March 1 brought the first signs of change - a small (my estimate is 25% smaller than usual) and slightly faded Painted Lady in the garden by the Vice-Chancellor's office. And a Common Mormon near the Cooperative store.

A word of explanation: "Aligarh" refers essentially to the garden in my parents' home there. This is a mixed-up garden - parts are well-tended, while others are given up to wild shrubbery. So a variety of butterflies can be found. "Delhi" on the other hand, means the campus of St. Stephen's College and the parts of Delhi University immediately around it. These are very green and again of a mixed type.

Delhi, March 3: A Painted Lady in the University garden. Similar to the one seen on March 1 (small and faded) and nearby.
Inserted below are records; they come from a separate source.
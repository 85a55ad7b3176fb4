-- ===== src/Workflow/Outcomes.antt =====
-- src/wootpilot/workflow/nodes.py: how a run of the support graph comes to queue an action.
use mathlib.Core.Path.{◌≡◌, refl, sym, ◌∙◌, subst}
use mathlib.Core.Logic.{◌≢◌, ◌⊎◌, inl, inr}
use mathlib.Core.Bool.{true, false}
use mathlib.Core.Option.{Option, none, some}
use native.Mathlib.Omega.{arith}
use wootpilot.Prelude.Tests.{if◌then◌else◌, Bool-cases}
use wootpilot.Domain.Messages.{
  NormalizedMessage, ConversationState, is_customer_public_inbound, truthy?,
}
use wootpilot.Domain.Catalog.{CatalogContext}
use wootpilot.Domain.Rules.{
  AutomationMode, AgentProposal, AgentRunStatus, ModelProposalResult, is_block, PolicyDecision,
  WorkflowDecision,
}
use wootpilot.Domain.Outbound.{Result, ok, err}
use wootpilot.Policy.Rules.{validate_proposal, proposal_rules}
use wootpilot.Workflow.Decisions.{
  non_customer_turn_decision, pre_model_policy_blocked_decision, model_proposal_failed_decision,
  post_model_policy_blocked_decision, public_reply_review_note,
}
use wootpilot.Workflow.Graph.{
  WorkflowState, WorkflowNodes, graph_input, final_workflow_decision, provider_error,
  blocked_decision, run_graph,
}
use wootpilot.Workflow.Turn.{triage_of, gate_of, check_of, proposed, answered, turn, run_graph-turn}

module _ (nodes : WorkflowNodes) (message : NormalizedMessage) (state : ConversationState)
    (context : CatalogContext) (mode : AutomationMode) where
  abbrev pub gate : PolicyDecision
  gate = gate_of nodes message state context mode

  abbrev pub check : AgentProposal → PolicyDecision
  check p = check_of nodes message state context mode (some p)

  -- How a run comes to queue an action: the gates are passed, the model proposed `proposal`, and
  -- the checks allow it or turn it into a review.
  pub record Queues (d : WorkflowDecision) : Type 0 where
    pub proposal : AgentProposal
    pub asked :
        (result : ModelProposalResult) × (nodes.propose message state context ≡ ok result)
        × (result.proposal ≡ some proposal)
    pub eligible : is_customer_public_inbound message ≡ true
    pub allowed : is_block gate.outcome ≡ false
    pub decided :
        ((is_block (check proposal).outcome ≡ false)
          × (d ≡ final_workflow_decision mode (some proposal)))
        ⊎ ((is_block (check proposal).outcome ≡ true)
            × (d
                ≡ blocked_decision nodes
                    (proposed nodes message state context mode (some proposal))
                    (triage_of nodes message state context mode)
                    (check proposal)))

  abbrev decision_for : Option AgentProposal → WorkflowDecision
  decision_for proposal =
      let c = check_of nodes message state context mode proposal in
      if is_block c.outcome
      then blocked_decision nodes (proposed nodes message state context mode proposal)
          (triage_of nodes message state context mode) c
      else final_workflow_decision mode proposal

  missing_not_queued : (decision_for none).status ≢ AgentRunStatus.queued_action
  unfolding blocked_decision validate_proposal proposal_rules public_reply_review_note
      post_model_policy_blocked_decision
  missing_not_queued h = cc

  decision-Queues :
      is_customer_public_inbound message ≡ true
      → is_block gate.outcome ≡ false
      → (result : ModelProposalResult) → nodes.propose message state context ≡ ok result
      → (proposal : Option AgentProposal) → result.proposal ≡ proposal
      → (decision_for proposal).status ≡ AgentRunStatus.queued_action
      → Queues (decision_for proposal)
  decision-Queues e a result asked none same q = absurd (missing_not_queued q)
  decision-Queues e a result asked (some p) same q =
      elim (Bool-cases (is_block (check p).outcome)) [
        | inl block ↦ record {
          proposal = p;
          asked = (result, asked, same);
          eligible = e;
          allowed = a;
          decided = inr (block, rw block);
        }
        | inr free ↦ record {
          proposal = p;
          asked = (result, asked, same);
          eligible = e;
          allowed = a;
          decided = inl (free, rw free);
        }
      ]

  answered-Queues :
      is_customer_public_inbound message ≡ true
      → is_block gate.outcome ≡ false
      → (result : ModelProposalResult) (d : WorkflowDecision)
      → nodes.propose message state context ≡ ok result
      → (answered nodes message state context mode result).workflow_decision ≡ some d
      → d.status ≡ AgentRunStatus.queued_action
      → Queues d
  unfolding model_proposal_failed_decision
  answered-Queues e a result d asked h q = elim (Bool-cases (truthy? (provider_error result))) [
    | inl failed ↦ absurd (ground (arith, failed))
    | inr fine ↦
        let same : decision_for result.proposal ≡ d = ground (arith, fine) in
        subst (λ x. Queues x) same
          (decision-Queues e a result asked result.proposal refl (rw same q))
  ]

  turn-Queues :
      (r : Result ModelProposalResult) (s : WorkflowState) (d : WorkflowDecision)
      → nodes.propose message state context ≡ r
      → turn nodes message state context mode ≡ ok s
      → s.workflow_decision ≡ some d
      → d.status ≡ AgentRunStatus.queued_action
      → Queues d
  unfolding turn non_customer_turn_decision pre_model_policy_blocked_decision graph_input
  turn-Queues r s d p h k q = elim (Bool-cases (is_customer_public_inbound message)) [
    | inr other ↦ absurd (ground arith)
    | inl eligible ↦ elim (Bool-cases (is_block gate.outcome)) [
      | inl block ↦ absurd (ground arith)
      | inr free ↦ asked r p eligible free
    ]
  ]
    where
      asked :
          (r' : Result ModelProposalResult)
          → nodes.propose message state context ≡ r'
          → is_customer_public_inbound message ≡ true
          → is_block gate.outcome ≡ false
          → Queues d
      asked (err e) p' eligible free = absurd (ground arith)
      asked (ok result) p' eligible free =
          answered-Queues eligible free result d p' (ground arith) q

  pub run-Queues :
      (s : WorkflowState) (d : WorkflowDecision)
      → run_graph nodes (graph_input message state context mode) ≡ ok s
      → s.workflow_decision ≡ some d
      → d.status ≡ AgentRunStatus.queued_action
      → Queues d
  run-Queues s d h k q =
      turn-Queues (nodes.propose message state context) s d refl
        (sym (run_graph-turn nodes message state context mode) ∙ h) k q
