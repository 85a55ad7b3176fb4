-- ===== src/Workflow/Safety.antt =====
-- src/wootpilot/workflow/nodes.py and decisions.py: what a run of the support graph may queue in each
-- automation mode.
use mathlib.Core.Path.{◌≡◌, refl, ◌∙◌, ap}
use mathlib.Core.Logic.{◌≢◌, inl, inr}
use mathlib.Core.Bool.{false}
use mathlib.Core.Option.{some}
use mathlib.Core.List.{List, [], ◌∷◌}
use native.Mathlib.Omega.{arith}
use wootpilot.Domain.Messages.{NormalizedMessage, ConversationState}
use wootpilot.Domain.Catalog.{CatalogContext}
use wootpilot.Domain.Rules.{
  ModelProposalResult, AutomationMode, AgentActionKind, AgentProposal, AgentRunStatus, is_block,
  PolicyDecision, PolicyOutcome, TriageResult, WorkflowDecision,
}
use wootpilot.Domain.Outbound.{ok}
use wootpilot.Policy.Rules.{pre_model_policy, validate_proposal, outcome_of}
use wootpilot.Policy.Eligibility.{MayAssist, pre_model_policy-allow_iff}
use wootpilot.Policy.PublicText.{MayPublish, validate_proposal-MayPublish}
use wootpilot.Workflow.Decisions.{
  public_reply_review_decision, post_model_policy_blocked_decision, observe_decision,
  private_note_decision, public_message_decision, public_reply_review_note,
}
use wootpilot.Workflow.Graph.{
  Node, WorkflowState, WorkflowNodes, graph_input, final_workflow_decision, blocked_decision,
  run_graph,
}
use wootpilot.Workflow.Turn.{triage_of}
use wootpilot.Workflow.Outcomes.{run-Queues, gate, check}

module _ (nodes : WorkflowNodes) (message : NormalizedMessage) (state : ConversationState)
    (context : CatalogContext) where
  -- The whole of what stands behind a queued public reply.
  pub record Approved (mode : AutomationMode) (d : WorkflowDecision) : Type 0 where
    pub in_public_mode : mode ≡ AutomationMode.public_reply
    pub assisted :
        MayAssist message state
          (triage_of nodes message state context mode)
          mode
          (nodes.now Node.policy_gate)
    pub proposal : AgentProposal
    pub asked :
        (result : ModelProposalResult) × (nodes.propose message state context ≡ ok result)
        × (result.proposal ≡ some proposal)
    pub published :
        MayPublish nodes.unicode proposal (triage_of nodes message state context mode) context
    pub sends_proposal : d.content ≡ proposal.public_message

  outcome_allow :
      (rules : List _)
      → is_block (outcome_of rules) ≡ false
      → outcome_of rules ≡ PolicyOutcome.allow
  outcome_allow [] h = refl
  outcome_allow (r ∷ rs) h = cc

  gate_allow :
      (mode : AutomationMode)
      → is_block (gate nodes message state context mode).outcome ≡ false
      → (gate nodes message state context mode).outcome ≡ PolicyOutcome.allow
  unfolding pre_model_policy
  gate_allow mode h = outcome_allow _ h

  check_allow :
      (mode : AutomationMode) (p : AgentProposal)
      → is_block (check nodes message state context mode p).outcome ≡ false
      → (check nodes message state context mode p).outcome ≡ PolicyOutcome.allow
  unfolding validate_proposal
  check_allow mode p h = outcome_allow _ h

  final_public :
      (mode : AutomationMode) (p : AgentProposal)
      → (final_workflow_decision mode (some p)).action_kind ≡ AgentActionKind.public_message
      → (mode ≡ AutomationMode.public_reply)
        × (p.action_kind ≡ AgentActionKind.public_message)
        × ((final_workflow_decision mode (some p)).content ≡ p.public_message)
  unfolding final_workflow_decision observe_decision private_note_decision public_message_decision
  final_public AutomationMode.observe p h = ground arith
  final_public AutomationMode.assist p h = ground arith
  final_public AutomationMode.public_reply p h = ground arith

  blocked_not_public :
      (s : WorkflowState) (t : TriageResult) (c : PolicyDecision) (d : WorkflowDecision)
      → d ≡ blocked_decision nodes s t c
      → d.action_kind ≢ AgentActionKind.public_message
  unfolding blocked_decision public_reply_review_decision post_model_policy_blocked_decision
  blocked_not_public s t c d e h = ground arith

  publish :
      (mode : AutomationMode) (p : AgentProposal)
      → mode ≡ AutomationMode.public_reply
      → p.action_kind ≡ AgentActionKind.public_message
      → is_block (check nodes message state context mode p).outcome ≡ false
      → MayPublish nodes.unicode p (triage_of nodes message state context mode) context
  publish AutomationMode.public_reply p m kind free =
      validate_proposal-MayPublish nodes.unicode p
        (triage_of nodes message state context AutomationMode.public_reply) context
        (nodes.now Node.validate_outbound_action) (nodes.new_id Node.validate_outbound_action) kind
        (check_allow AutomationMode.public_reply p free)
  publish AutomationMode.observe p m kind free = cc
  publish AutomationMode.assist p m kind free = cc

  blocked_queued :
      (s : WorkflowState) (t : TriageResult) (c : PolicyDecision) (d : WorkflowDecision)
      → d ≡ blocked_decision nodes s t c
      → d.status ≡ AgentRunStatus.queued_action
      → (s.automation_mode ≡ AutomationMode.public_reply)
  unfolding blocked_decision post_model_policy_blocked_decision public_reply_review_note
  blocked_queued s t c d e h = ground arith

  final_modes :
      (mode : AutomationMode) (p : AgentProposal)
      → (final_workflow_decision mode (some p)).status ≡ AgentRunStatus.queued_action
      → (mode ≢ AutomationMode.observe)
        × (mode ≡ AutomationMode.assist
            → (final_workflow_decision mode (some p)).action_kind ≡ AgentActionKind.private_note)
  unfolding final_workflow_decision observe_decision private_note_decision
  final_modes AutomationMode.observe p h = absurd (ground arith)
  final_modes AutomationMode.assist p h = (λ e. cc, λ e. refl)
  final_modes AutomationMode.public_reply p h = (λ e. cc, λ e. cc)

  -- A queued review note comes from public_reply mode.
  in_public_mode_only :
      (mode : AutomationMode) (d : WorkflowDecision)
      → mode ≡ AutomationMode.public_reply
      → (mode ≢ AutomationMode.observe)
        × (mode ≡ AutomationMode.assist → d.action_kind ≡ AgentActionKind.private_note)
  in_public_mode_only AutomationMode.observe d m = cc
  in_public_mode_only AutomationMode.assist d m = cc
  in_public_mode_only AutomationMode.public_reply d m = (λ e. cc, λ e. cc)

-- A public reply is queued only in public_reply mode, for a turn that the gate lets through, with
-- the text of the proposal that the model gave for it and that may be published.
pub run_graph-Approved :
    (nodes : WorkflowNodes) (message : NormalizedMessage) (state : ConversationState)
    (context : CatalogContext) (mode : AutomationMode) (s : WorkflowState) (d : WorkflowDecision)
    → run_graph nodes (graph_input message state context mode) ≡ ok s
    → s.workflow_decision ≡ some d
    → d.status ≡ AgentRunStatus.queued_action
    → d.action_kind ≡ AgentActionKind.public_message
    → Approved nodes message state context mode d
run_graph-Approved nodes message state context mode s d h k q public =
    let queues = run-Queues nodes message state context mode s d h k q in
    let p = queues.proposal in
    elim queues.decided [
      | inr (block, e) ↦ absurd (blocked_not_public nodes message state context _ _ _ d e public)
      | inl (free, e) ↦
          let (m, kind, content) =
            final_public nodes message state context mode p (rw (← e) public) in
          record {
            in_public_mode = m;
            assisted =
                (pre_model_policy-allow_iff message state
                    (triage_of nodes message state context mode) mode (nodes.now Node.policy_gate)
                    (nodes.new_id Node.policy_gate)).0
                  (gate_allow nodes message state context mode queues.allowed);
            proposal = p;
            asked = queues.asked;
            published = publish nodes message state context mode p m kind free;
            sends_proposal = ap (λ (x : WorkflowDecision). x.content) e ∙ content;
          }
    ]

-- In observe mode no run queues an action, and in assist mode a queued action is a private note.
pub run_graph_modes :
    (nodes : WorkflowNodes) (message : NormalizedMessage) (state : ConversationState)
    (context : CatalogContext) (mode : AutomationMode) (s : WorkflowState) (d : WorkflowDecision)
    → run_graph nodes (graph_input message state context mode) ≡ ok s
    → s.workflow_decision ≡ some d
    → d.status ≡ AgentRunStatus.queued_action
    → (mode ≢ AutomationMode.observe)
      × (mode ≡ AutomationMode.assist → d.action_kind ≡ AgentActionKind.private_note)
unfolding graph_input
run_graph_modes nodes message state context mode s d h k q =
    let queues = run-Queues nodes message state context mode s d h k q in
    let p = queues.proposal in
    elim queues.decided [
      | inr (block, e) ↦
          in_public_mode_only nodes message state context mode d
            (blocked_queued nodes message state context _ _ _ d e q)
      | inl (free, e) ↦
          let (live, note) = final_modes nodes message state context mode p (rw (← e) q) in
          (live, λ assist. ap (λ (x : WorkflowDecision). x.action_kind) e ∙ note assist)
    ]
A fresh Common Rose in front of the Physics department.

Delhi, March 7: A late morning walk around the University campus. At 11:30 a basking (but restless) Painted Lady on the ground by the St Stephen's Chapel. Then two Common Mormons chasing in the foliage (about 10-20 feet up). Still in the chapel grounds, a Common Rose sipping from Cinerarea flowers. Only after taking 2-3 photos of it did I realise its body was black and that this must therefore be a female Common Mormon mimicking a Rose. (This also puts some doubt on the March 3 sighting of a Common Rose. However: usually when I see a possible Rose I always try to get a look at the colour of the body. So far, whenever I have succeeded, it has always been pink. Last year, in Aligarh, Abha even managed to videotape a Common Rose.)
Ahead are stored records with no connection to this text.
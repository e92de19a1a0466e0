-- ===== src/Db/Transactions.antt =====
-- internal/db/db.go: the table `action_transactions`, unique in (actionID, txType), and the
-- actions that have no 'register' row yet.
pub mod Laws
pub mod Bulk
pub mod After
use lumescope.Prelude.{
  ℕ, ◌≡◌, String, Bool, ◌&&◌, not, Option, none, some, List, [], ◌∷◌, ◌==◌, nat_eq, string_eq, any,
  filter, find, map, take, leb, if◌then◌else◌,
}
use lumescope.Prelude.Int.{ℤ, pos, negsuc, ltb_ℤ}
use lumescope.Db.Types.{Time, ActionDb, ActionTransaction, Action}
use lumescope.Db.Keyset.{ascending, order_by}
use lumescope.Db.Keyset.Sort.{sort_rows}
use lumescope.Db.Actions.{action_key}

abbrev pub same_key : ActionTransaction → ActionTransaction → Bool
same_key t u = t.action_id == u.action_id && t.tx_type == u.tx_type

-- INSERT ... ON CONFLICT ("actionID", "txType") DO UPDATE
unfoldable pub upsert_transaction :
    Time → ActionTransaction → List ActionTransaction → List ActionTransaction
upsert_transaction now t [] = record t { created_at = now } ∷ []
upsert_transaction now t (row ∷ rows) =
    let rest = upsert_transaction now t rows in
    if same_key row t then record t { created_at = row.created_at } ∷ rows else row ∷ rest

unfoldable pub has_transaction : List ActionTransaction → ℕ → String → Bool
has_transaction rows id tx_type = any (λ t. t.action_id == id && t.tx_type == tx_type) rows

-- ORDER BY "height" ASC
abbrev pub is_lower : ActionTransaction → ActionTransaction → Bool
is_lower t u = ltb_ℤ t.height u.height

unfoldable pub order_by_height : List ActionTransaction → List ActionTransaction
order_by_height = sort_rows is_lower

unfoldable pub get_action_transactions : ℕ → List ActionTransaction → List ActionTransaction
unfolding order_by_height
get_action_transactions id rows = order_by_height (filter (λ t. t.action_id == id) rows)

-- the column is always a JSON array of strings
unfoldable pub extract_first_supernode : List String → String
extract_first_supernode [] = ""
extract_first_supernode (s ∷ _) = s

unfoldable pub to_action : ActionDb → Action
unfolding extract_first_supernode
to_action row = record {
  action_id = row.action_id;
  creator = row.creator;
  action_type = row.action_type;
  state = row.state;
  supernode_account = extract_first_supernode row.super_nodes;
  created_at = row.created_at;
}

abbrev pub is_unenriched : List ActionTransaction → ℕ → ActionDb → Bool
is_unenriched txs min_id row =
    leb min_id row.action_id && not (has_transaction txs row.action_id "register")

-- all rows that GetUnenrichedActions would give without its LIMIT
unfoldable pub unenriched : List ActionTransaction → ℕ → List ActionDb → List ActionDb
unenriched txs min_id rows = order_by ascending action_key (filter (is_unenriched txs min_id) rows)

-- `if limit <= 0 { limit = 100 }`
abbrev batch_limit : ℤ → ℕ
batch_limit (negsuc n) = 100
batch_limit (pos ℕ.zero) = 100
batch_limit (pos (ℕ.suc n)) = ℕ.suc n

unfoldable pub get_unenriched_actions : List ActionTransaction → ℕ → ℤ → List ActionDb → List Action
unfolding unenriched
get_unenriched_actions txs min_id limit rows =
    map to_action (take (batch_limit limit) (unenriched txs min_id rows))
Next stop was the University garden - full of flowers, but these seem to attract bees and wasps rather than butterflies. Only butterfly seen here was a lone Pea Blue. Just outside, a Yellow Orange-Tip, two Common Emigrants (Slightly greenish and rippled underside, but with yellow base to wings on upperside and no striations), and a Pioneer (which chased the Emigrants from the flower patch they were all visiting). In the VC's garden, two Painted Ladies, full sized.

Later, in the VC's garden about 4:30pm, a Handmaiden moth (genus Syntomis) visiting a bed of pansies. These moths have a shape and flight (rapid wingbeats so one sees a blurred cone on either side of the body, and a flightpath consisting of smooth slowly evolving arcs) that is very much like that of wasps.

Delhi, March 8: Common Mormons are everywhere. Even saw one while eating lunch and looking out on to a busy market street.

Delhi, March 13: The first Lime butterfly of the season. Flew low over a flower bed, then sat on the ground briefly, with folded wings, before flying off on my apparoach. Very fresh. Vibrated wings briefly before taking off.

Delhi, March 15: A Common Jay flying around a Mast Tree. A Common Castor flying unusually high at about 20 feet - recognized from the dark colour, wing shape, and flight (like a windblown leaf).

Delhi, March 18: The first Plain Tiger of spring. At home - on a climber with small white bunched flowers that are very popular with bees and bumblebees, two unidentified skippers. And a brief but exciting visit by a Hawkmoth which hovered before these flowers. My first reaction was - Hummingbird - before I recollected I was not in America. It was green with a pink band around the abdomen. I managed to take a photo and hope it is decent enough for an identification.

Delhi, March 19: Large Cabbage Whites are at last here. Common Jays are now very common. Mostly seen flying high and very fast through the foliage, but also sometimes perched at various heights, even just off the ground. Always with folded wings, so far.

Delhi, March 26: A Blue Pansy sunning on a path in the University gardens, around 3pm. Blue Pansies are often found basking in open spaces, and particularly on paths.

Delhi, March 29: A Syntomis moth walking in little loops in a moist patch of soil on the margin of a road. Its antennae were depressed and flicking the ground, and its proboscis was also inserted into the earth.